• _WORK TO BE COMPLETED_: Print the lines of the data, starting with the first, up to and including the line where "From-cong f g n (x" appears.

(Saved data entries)
-- ===== src/Timer/Order.antt =====
-- `timer_schedule` of src/timer.c keeps the list of timers in the order of their ticks.
use x.Base.{
  ℕ, ◌+◌, ◌≤◌, ◌<◌, ◌≡◌, ◌≢◌, refl, ap, sym, ◌∙◌, subst, true, false, Option, none, some, List, [],
  ◌∷◌, ◌++◌, ltb, ◌==◌, ==_iff, ==_ne, ==_eq, if◌then◌else◌, update, arith, count, count-append,
  Bool-cases, inl, inr,
}
use x.Base.Word.{sub32}
use x.Base.Outcome.{ok}
use x.LinkedList.{LinkedList, is_nil, first?, insert_in_front}
use x.Timer.{Timers, timer_expired, find_place, timer_get_time, timer_schedule, lock, unlock}
use x.Timer.Ticks.{expired_window}

-- Every element from `n` on, by the measure `f`.
abbrev pub From : (ℕ → ℕ) → ℕ → List ℕ → Type 0
From f n [] = Unit {0}
From f n (x ∷ xs) = (n ≤ f x) × From f n xs

abbrev pub Sorted : (ℕ → ℕ) → List ℕ → Type 0
Sorted f [] = Unit {0}
Sorted f (x ∷ xs) = From f (f x) xs × Sorted f xs

From-cong :
    (f g : ℕ → ℕ) (n : ℕ) (xs : List ℕ)
    → ((x : ℕ) → 0 < count x xs → f x ≡ g x)
    → From f n xs
    → From g n xs
From-cong f g n [] same h = tt
From-cong f g n (x ∷ xs) same h = (
  omega (arith, h.0, same x (ground arith)),
  From-cong f g n xs (λ y c. same y (omega arith)) h.1,
)

Sorted-cong :
    (f g : ℕ → ℕ) (xs : List ℕ) → ((x : ℕ) → 0 < count x xs → f x ≡ g x) → Sorted f xs → Sorted g xs
Sorted-cong f g [] same h = tt
Sorted-cong f g (x ∷ xs) same h = (
  subst (λ n. From g n xs) (same x (ground arith))
      (From-cong f g (f x) xs (λ y c. same y (omega arith)) h.0),
  Sorted-cong f g xs (λ y c. same y (omega arith)) h.1,
)

From-snoc : (f : ℕ → ℕ) (n x : ℕ) (xs : List ℕ) → From f n xs → n ≤ f x → From f n (xs ++ (x ∷ []))
From-snoc f n x [] h le = (le, tt)
From-snoc f n x (y ∷ xs) h le = (h.0, From-snoc f n x xs h.1 le)

From-le : (f : ℕ → ℕ) (n m : ℕ) (xs : List ℕ) → n ≤ m → From f m xs → From f n xs
From-le f n m [] le h = tt
From-le f n m (x ∷ xs) le h = (omega (arith, h.0), From-le f n m xs le h.1)

pub count-insert :
    (x n : ℕ) (next : Option ℕ) (xs : List ℕ)
    → count x (insert_in_front next n xs) ≡ count x xs + (if n == x then 1 else 0)
count-insert x n none xs = omega (arith, count-append x xs (n ∷ []))
count-insert x n (some next) [] = ground arith
count-insert x n (some next) (y ∷ xs) = ground (arith, count-insert x n (some next) xs)

some-injective : {x y : ℕ} → some x ≡ some y → x ≡ y
some-injective e = cc

first-count :
    (n : ℕ) (xs : List ℕ) → 0 < count n xs → (x : ℕ) × (first? xs ≡ some x) × (is_nil xs ≡ false)
first-count n [] c = absurd (omega arith)
first-count n (x ∷ xs) c = (x, refl, refl)

module _ ⦃lib : LinkedList⦄ where
  open lib use {nodes, list_first, list_insert_before, nodes-insert_before, first-nodes}

  abbrev pub time : Timers → ℕ → ℕ → ℕ
  time t base x = sub32 (t.timers x).ticks base

  -- The timers expire less than 2^31 ticks behind the base, in the order of the list; each of them is
  -- linked once, and the flag and the time to wake up are those of the list.
  pub record IsOrdered (base : ℕ) (t : Timers) : Type 0 where
    pub word : base < 4294967296
    pub near :
        (x : ℕ)
        → 0 < count x (nodes t.timer_list)
        → ((t.timers x).ticks < 4294967296) × (time t base x < 2147483648)
    pub sorted : Sorted (time t base) (nodes t.timer_list)
    pub once : (x : ℕ) → count x (nodes t.timer_list) ≤ 1
    pub unlocked : t.locked ≡ false
    pub empty : t.timer_list_empty ≡ is_nil (nodes t.timer_list)
    pub wakeup :
        (x : ℕ) → first? (nodes t.timer_list) ≡ some x → t.timer_wakeup_ticks ≡ (t.timers x).ticks

  pub get_time_lem :
      (t : Timers) (timer : ℕ)
      → t.locked ≡ false
      → timer_get_time t timer ≡ ok ((t.timers timer).ticks, record t { locked = false })
  unfolding timer_get_time lock unlock
  get_time_lem t timer free = rw free refl

  found-member :
      (t : Timers) (ticks z : ℕ) (xs : List ℕ) → find_place t ticks xs ≡ some z → 0 < count z xs
  unfolding find_place
  found-member t ticks z [] e = absurd (cc)
  found-member t ticks z (x ∷ xs) e = elim (Bool-cases (timer_expired t x ticks)) [
    | inl before ↦ omega (arith, found-member t ticks z xs (rw before at e))
    | inr here ↦ let same : some x ≡ some z = rw here at e in let back : x ≡ z = cc in ground arith
  ]

  -- The place is behind a node that it is not.
  insert-behind :
      (x n : ℕ) (place : Option ℕ) (xs : List ℕ)
      → (place ≡ some x → 0 < count x xs)
      → count x xs ≡ 0
      → insert_in_front place n (x ∷ xs) ≡ x ∷ insert_in_front place n xs
  insert-behind x n none xs member absent = refl
  insert-behind x n (some next) xs member absent = elim (Bool-cases (x == next)) [
    | inl same ↦ absurd (omega (arith, absent, member (ap some (sym ((==_iff x next).0 same)))))
    | inr other ↦ rw other
  ]

  expired_lem :
      (base : ℕ) (t : Timers) (x ticks : ℕ)
      → base < 4294967296
      → ticks < 4294967296
      → sub32 ticks base < 2147483648
      → ((t.timers x).ticks < 4294967296) × (time t base x < 2147483648)
      → timer_expired t x ticks ≡ ltb (time t base x) (sub32 ticks base)
  unfolding timer_expired
  expired_lem base t x ticks lb lt near_ticks near =
      (expired_window base (t.timers x).ticks ticks lb near.0 lt near.1 near_ticks).0

  place_lem :
      (base : ℕ) (t : Timers) (timer ticks : ℕ) (xs : List ℕ)
      → base < 4294967296
      → ticks < 4294967296
      → sub32 ticks base < 2147483648
      → (t.timers timer).ticks ≡ ticks
      → ((x : ℕ)
          → 0 < count x xs
          → ((t.timers x).ticks < 4294967296) × (time t base x < 2147483648))
      → ((x : ℕ) → count x xs ≤ 1)
      → Sorted (time t base) xs
      → Sorted (time t base) (insert_in_front (find_place t ticks xs) timer xs)
        × ((n : ℕ)
            → n ≤ sub32 ticks base
            → From (time t base) n xs
            → From (time t base) n (insert_in_front (find_place t ticks xs) timer xs))
  unfolding find_place
  place_lem base t timer ticks [] lb lt near_ticks e near once sorted =
      ((tt, tt), λ n le from. (omega (arith, ap (λ k. sub32 k base) e), tt))
  place_lem base t timer ticks (x ∷ xs) lb lt near_ticks e near once sorted =
      elim (Bool-cases (timer_expired t x ticks)) [
        | inl before ↦
            let (rest, from) =
              place_lem base t timer ticks xs lb lt near_ticks e (λ y c. near y (omega arith))
                (λ y. omega (arith, once y)) sorted.1 in
            let behind =
              insert-behind x timer (find_place t ticks xs) xs (found-member t ticks x xs)
                (ground (arith, once x)) in
            let less : time t base x ≤ sub32 ticks base = ground (
              arith,
              expired_lem base t x ticks lb lt near_ticks (near x (ground arith)),
              before,
            ) in
            rw (before, behind)
              ((from (time t base x) less sorted.0, rest), λ n le all. (all.0, from n le all.1))
        | inr here ↦
            let at : time t base timer ≡ sub32 ticks base = ap (λ k. sub32 k base) e in
            let less : time t base timer ≤ time t base x = ground (
              arith,
              expired_lem base t x ticks lb lt near_ticks (near x (ground arith)),
              here,
              at,
            ) in
            rw (here, ==_eq x x refl)
              (
                (
                  (
                    less,
                    From-le (time t base) (time t base timer) (time t base x) xs less sorted.0,
                  ),
                  sorted,
                ),
                λ n le all. (omega (arith, at), all),
              )
      ]

  -- `timer_schedule` of a timer that is not linked returns, if the timers of the list and the new
  -- one expire less than 2^31 ticks behind a common base. The list is in order again, with the timer
  -- in it; the other timers stay as they are.
  pub schedule-IsOrdered :
      (base : ℕ) (t : Timers) (timer ticks : ℕ)
      → IsOrdered base t
      → count timer (nodes t.timer_list) ≡ 0
      → ticks < 4294967296
      → sub32 ticks base < 2147483648
      → (t' : Timers) × (timer_schedule t timer ticks ≡ ok t')
        × IsOrdered base t'
        × ((t'.timers timer).ticks ≡ ticks)
        × ((x : ℕ)
            → count x (nodes t'.timer_list)
              ≡ count x (nodes t.timer_list) + (if timer == x then 1 else 0))
        × ((x : ℕ) → timer ≢ x → t'.timers x ≡ t.timers x)
  unfolding timer_schedule lock unlock
  schedule-IsOrdered base t timer ticks v absent lt near_ticks = (
    record t1 {
      timer_list = list;
      timer_list_empty = false;
      timer_wakeup_ticks = (t1.timers first).ticks;
      locked = false;
    },
    rw (v.unlocked, found),
    record {
      word = v.word;
      near = λ x c. elim (Bool-cases (timer == x)) [
        | inl same ↦ rw same (lt, near_ticks)
        | inr other ↦ rw other (v.near x (ground (arith, there x, other)))
      ];
      sorted = rw after placed;
      once = λ x. elim (Bool-cases (timer == x)) [
        | inl same ↦ ground (arith, there x, gone x same)
        | inr other ↦ ground (arith, there x, v.once x, other)
      ];
      unlocked = refl;
      empty = sym one.2;
      wakeup = λ x e.
          let same : first ≡ x = some-injective (sym one.1 ∙ e) in
          ap (λ y. (t1.timers y).ticks) same;
    },
    rw (==_eq timer timer refl),
    λ x. rw after (count-insert x timer place (nodes t.timer_list)),
    λ x other. rw (==_ne timer x other),
  )
    where
      t1 : Timers
      t1 = record t {
        locked = true;
        timers = update t.timers timer (record (t.timers timer) { ticks = ticks });
      }

      place : Option ℕ
      place = find_place t1 ticks (nodes t.timer_list)

      list : lib.Head
      list = list_insert_before t.timer_list place timer

      after : nodes list ≡ insert_in_front place timer (nodes t.timer_list)
      after = nodes-insert_before t.timer_list place timer absent

      there :
          (x : ℕ)
          → count x (nodes list) ≡ count x (nodes t.timer_list) + (if timer == x then 1 else 0)
      there x = rw after (count-insert x timer place (nodes t.timer_list))

      one : (x : ℕ) × (first? (nodes list) ≡ some x) × (is_nil (nodes list) ≡ false)
      one = first-count timer (nodes list) (ground (arith, there timer))

      first : ℕ
      first = one.0

      found : list_first list ≡ some first
      found = first-nodes list ∙ one.1

      gone : (x : ℕ) → (timer == x) ≡ true → count x (nodes t.timer_list) ≡ 0
      gone x same = subst (λ y. count y (nodes t.timer_list) ≡ 0) ((==_iff timer x).0 same) absent

      old : (x : ℕ) → 0 < count x (nodes t.timer_list) → t1.timers x ≡ t.timers x
      old x c = elim (Bool-cases (timer == x)) [
        | inl same ↦ absurd (omega (arith, gone x same, c))
        | inr other ↦ rw other
      ]

      at : (t1.timers timer).ticks ≡ ticks
      at = rw (==_eq timer timer refl)

      placed : Sorted (time t1 base) (insert_in_front place timer (nodes t.timer_list))
      placed =
          (place_lem base t1 timer ticks (nodes t.timer_list) v.word lt near_ticks at
            (λ x c. rw (old x c) (v.near x c)) v.once
            (Sorted-cong (time t base) (time t1 base) (nodes t.timer_list)
              (λ x c. ap (λ d. sub32 d.ticks base) (sym (old x c))) v.sorted)).0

• _TASK RESULT_:
-- ===== src/Timer/Order.antt =====
-- `timer_schedule` of src/timer.c keeps the list of timers in the order of their ticks.
use x.Base.{
  ℕ, ◌+◌, ◌≤◌, ◌<◌, ◌≡◌, ◌≢◌, refl, ap, sym, ◌∙◌, subst, true, false, Option, none, some, List, [],
  ◌∷◌, ◌++◌, ltb, ◌==◌, ==_iff, ==_ne, ==_eq, if◌then◌else◌, update, arith, count, count-append,
  Bool-cases, inl, inr,
}
use x.Base.Word.{sub32}
use x.Base.Outcome.{ok}
use x.LinkedList.{LinkedList, is_nil, first?, insert_in_front}
use x.Timer.{Timers, timer_expired, find_place, timer_get_time, timer_schedule, lock, unlock}
use x.Timer.Ticks.{expired_window}

-- Every element from `n` on, by the measure `f`.
abbrev pub From : (ℕ → ℕ) → ℕ → List ℕ → Type 0
From f n [] = Unit {0}
From f n (x ∷ xs) = (n ≤ f x) × From f n xs

abbrev pub Sorted : (ℕ → ℕ) → List ℕ → Type 0
Sorted f [] = Unit {0}
Sorted f (x ∷ xs) = From f (f x) xs × Sorted f xs

From-cong :
    (f g : ℕ → ℕ) (n : ℕ) (xs : List ℕ)
    → ((x : ℕ) → 0 < count x xs → f x ≡ g x)
    → From f n xs
    → From g n xs
From-cong f g n [] same h = tt
From-cong f g n (x ∷ xs) same h = (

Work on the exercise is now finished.